Far from reducing environmental degradation, the production of biofuels will cause environmental catastrophes and mostly in developing countries, the very countries that are already feeling the worst effects of climate change. Are we going to be fooled into thinking that because the carbon emissions are being moved to other countries that we have thereby reached our targets? These rich investors are treating Tanzanians and other people in developing countries as fools, at best; at worst they are treating them as just another commodity. But we in the West seem to be allowing ourselves to be fooled into thinking that we are not doing any harm, even that we are doing some good!

It might be asked if any kind of impact assessment has been carried out and yes, some assessment has been done. It has been done, as usual, by Western consultants who have an interest in being employed again and again. They, to be fair, reported some of the disadvantages as well the advantages of massive biofuels projects. But companies and officials involved will only use the bits of the report that suits them. They will knowingly continue with this work as long as it holds substantial promise for them. For instance, the land that is planned for destruction has timber that may be of greater value than the biofuel crop itself. This sounds like another case of asset stripping, like the various privatisation charades, which were (and still are) also presided over by the folk at the IMF and the World Bank.

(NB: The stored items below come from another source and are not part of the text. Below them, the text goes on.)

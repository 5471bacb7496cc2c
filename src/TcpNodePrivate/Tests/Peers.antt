-- ===== src/TcpNodePrivate/Tests/Peers.antt =====
-- What becomes of peers, at concrete states.
use simpwire.Prelude.{ℕ, none, true, ◌++◌, some, ◌≡◌, refl, [], ◌∷◌, arith}
use simpwire.TcpNodePrivate.Invariant.{Inv, Sound}
use simpwire.TcpNodePrivate.Replacement.{set_listener-Inv}
use simpwire.TcpNodePrivate.Settings.{set_listener}
use simpwire.TcpNodePrivate.Latest.{latest_peer-same}
use simpwire.Store.{update, ok}
use simpwire.TcpNodePrivate.Reception.{Judged, reported, receive_one-Judged}
use simpwire.TcpNodePrivate.Receive.{receive_one}
use simpwire.ISocket.{ReceiveResult}
use simpwire.TcpNodePrivate.Delivery.{given, send_process-given}
use simpwire.TcpNodePrivate.SendThread.{send_process}
use simpwire.TcpNodePrivate.Removal.{told, delete_next-events}
use simpwire.TcpNodePrivate.Remove.{next_scheduled, delete_next}
use simpwire.TcpNodePrivate.Map.{erase, find}
use simpwire.TcpNodePrivate.State.{State, new_node, no_callbacks}
use simpwire.PeerPrivate.{PeerPrivate, new_peer_private, peer_was_disconnected}
use simpwire.Samples.{first_peer, easy_network, busy_state, busy_state-Inv}
use simpwire.TcpNodePrivate.Contracts.{Ends}
use simpwire.TcpNodePrivate.Requests.{latest_peer}

-- A node with a peer that is to be deleted, and a function for it.
abbrev leaving_peer : PeerPrivate
leaving_peer = record first_peer { to_be_deleted = true; disconn = peer_was_disconnected }

abbrev leaving_state : State easy_network
leaving_state = record busy_state {
  peers = (1, leaving_peer) ∷ [];
  callbacks = record no_callbacks { closed_connection = some 9 };
}

leaving_state-Inv : Inv leaving_state
unfolding new_node new_peer_private
leaving_state-Inv = record {
  data_free = refl;
  callback_free = refl;
  core = record {
    listener_lives = busy_state-Inv.core.listener_lives;
    listener_below = omega arith;
    owned = (
      record {
        own = busy_state-Inv.core.owned.0.own;
        keyed = refl;
        positive = omega arith;
        counted = omega arith;
        valid = refl;
      },
      tt,
      tt,
    );
    pending = tt;
  };
}

delete_next-events_example :
    Ends
      (λ _ t.
        (t.events ≡ told leaving_state.callbacks leaving_peer ++ leaving_state.events)
        × (t.peers ≡ erase 1 leaving_state.peers))
      (delete_next {I = easy_network} (record leaving_state { data_access = true }))
unfolding new_node next_scheduled
delete_next-events_example = delete_next-events 1 leaving_peer leaving_state leaving_state-Inv refl

receive_one-Judged_example :
    Ends
      (λ q t.
        Judged none first_peer q
        × (t.events
            ≡ reported ReceiveResult.ok (7 ∷ []) first_peer busy_state.callbacks
              ++ busy_state.events)
        × (t.peers ≡ busy_state.peers))
      (receive_one {I = easy_network} first_peer (record busy_state { data_access = true }))
unfolding new_node new_peer_private
receive_one-Judged_example =
    receive_one-Judged {I = easy_network} first_peer 1 2 ReceiveResult.ok (7 ∷ [])
      (record busy_state { data_access = true }) refl refl refl refl refl refl refl

send_process-given_example :
    Ends
      (λ _ t. t.store ≡ given 1 2 (7 ∷ []) busy_state.store)
      (send_process {I = easy_network} busy_state)
unfolding new_node find new_peer_private
send_process-given_example =
    send_process-given {I = easy_network} 1 1 2 first_peer (7 ∷ []) ((4, 8 ∷ []) ∷ []) busy_state
      busy_state-Inv refl refl refl refl refl (omega arith)

-- A node with one more socket object.
abbrev spare_state : State easy_network
spare_state = record busy_state {
  store = record {
    cell = update (update (update (λ a. none) 0 (some 1)) 1 (some 2)) 2 (some 0);
    next = 3;
    world = 0;
  };
}

spare_state-Inv : Inv spare_state
unfolding new_node new_peer_private
spare_state-Inv = record {
  data_free = refl;
  callback_free = refl;
  core = record {
    listener_lives = λ e. cc;
    listener_below = omega arith;
    owned = (
      record {
        own = (λ e. cc, omega arith, omega arith);
        keyed = refl;
        positive = omega arith;
        counted = omega arith;
        valid = refl;
      },
      tt,
      tt,
    );
    pending = tt;
  };
}

set_listener-Inv_example :
    Ends
      (λ _ t.
        Inv t
        × (t.listener ≡ 2)
        × (t.store.cell spare_state.listener ≡ none)
        × (t.peers ≡ spare_state.peers))
      (set_listener {I = easy_network} (some 2) spare_state)
unfolding new_node
set_listener-Inv_example =
    set_listener-Inv {I = easy_network} 2 spare_state spare_state-Inv (λ e. cc) (omega arith)
      (λ e. omega (arith, e)) ((λ e. cc), tt)

-- Two peers, in the one order and in the other.
abbrev second_peer : PeerPrivate
second_peer = record first_peer { connection_id = 2; socket = some 2 }

abbrev two_state : State easy_network
two_state = record spare_state {
  connection_counter = 2;
  peers = (1, first_peer) ∷ (2, second_peer) ∷ [];
}

abbrev turned_state : State easy_network
turned_state = record two_state { peers = (2, second_peer) ∷ (1, first_peer) ∷ [] }

first_peer-Sound : Sound two_state.store two_state.listener 2 1 first_peer
unfolding new_node new_peer_private
first_peer-Sound = record {
  own = (λ e. cc, omega arith, omega arith);
  keyed = refl;
  positive = omega arith;
  counted = omega arith;
  valid = refl;
}

second_peer-Sound : Sound two_state.store two_state.listener 2 2 second_peer
unfolding new_node new_peer_private
second_peer-Sound = record {
  own = (λ e. cc, omega arith, omega arith);
  keyed = refl;
  positive = omega arith;
  counted = omega arith;
  valid = refl;
}

two_state-Inv : Inv two_state
unfolding new_node
two_state-Inv = record {
  data_free = refl;
  callback_free = refl;
  core = record {
    listener_lives = λ e. cc;
    listener_below = omega arith;
    owned =
        (first_peer-Sound, ((λ e. omega (arith, e)), (λ e. cc), tt), (second_peer-Sound, tt, tt));
    pending = tt;
  };
}

turned_state-Inv : Inv turned_state
unfolding new_node
turned_state-Inv = record {
  data_free = refl;
  callback_free = refl;
  core = record {
    listener_lives = λ e. cc;
    listener_below = omega arith;
    owned =
        (second_peer-Sound, ((λ e. omega (arith, e)), (λ e. cc), tt), (first_peer-Sound, tt, tt));
    pending = tt;
  };
}

same_peers : (k : ℕ) → find k two_state.peers ≡ find k turned_state.peers
unfolding find
same_peers k = ground arith

latest_peer-same_example :
    (p : PeerPrivate) × (latest_peer {I = easy_network} two_state ≡ ok (some p, two_state))
    × (latest_peer {I = easy_network} turned_state ≡ ok (some p, turned_state))
unfolding new_node
latest_peer-same_example =
    latest_peer-same {I = easy_network} two_state turned_state two_state-Inv turned_state-Inv
      same_peers λ e. cc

Ultimately, millions of people will be directly affected by these biofuel projects and billions will be less directly affected. Impact assessments even accept that many people will lose their jobs and their livelihoods, many animal and plant species will be wiped out, the health of the affected populations will suffer and that the projects will be costly (though costly for whom?), etc. But if some parties can make money out of them they are very likely to go ahead.

A recent article on this subject is followed by a postscript stating that one particular project has been pulled as a result of campaigning. Indeed, several months ago many similar projects were pulled following the global financial crisis. But this doesn’t mean that developing countries will no longer be seen as a potential source of biofuels, food, metals, minerals and other resources. As soon as it becomes economically viable, at least for some parties, you can be sure that these investors will be back.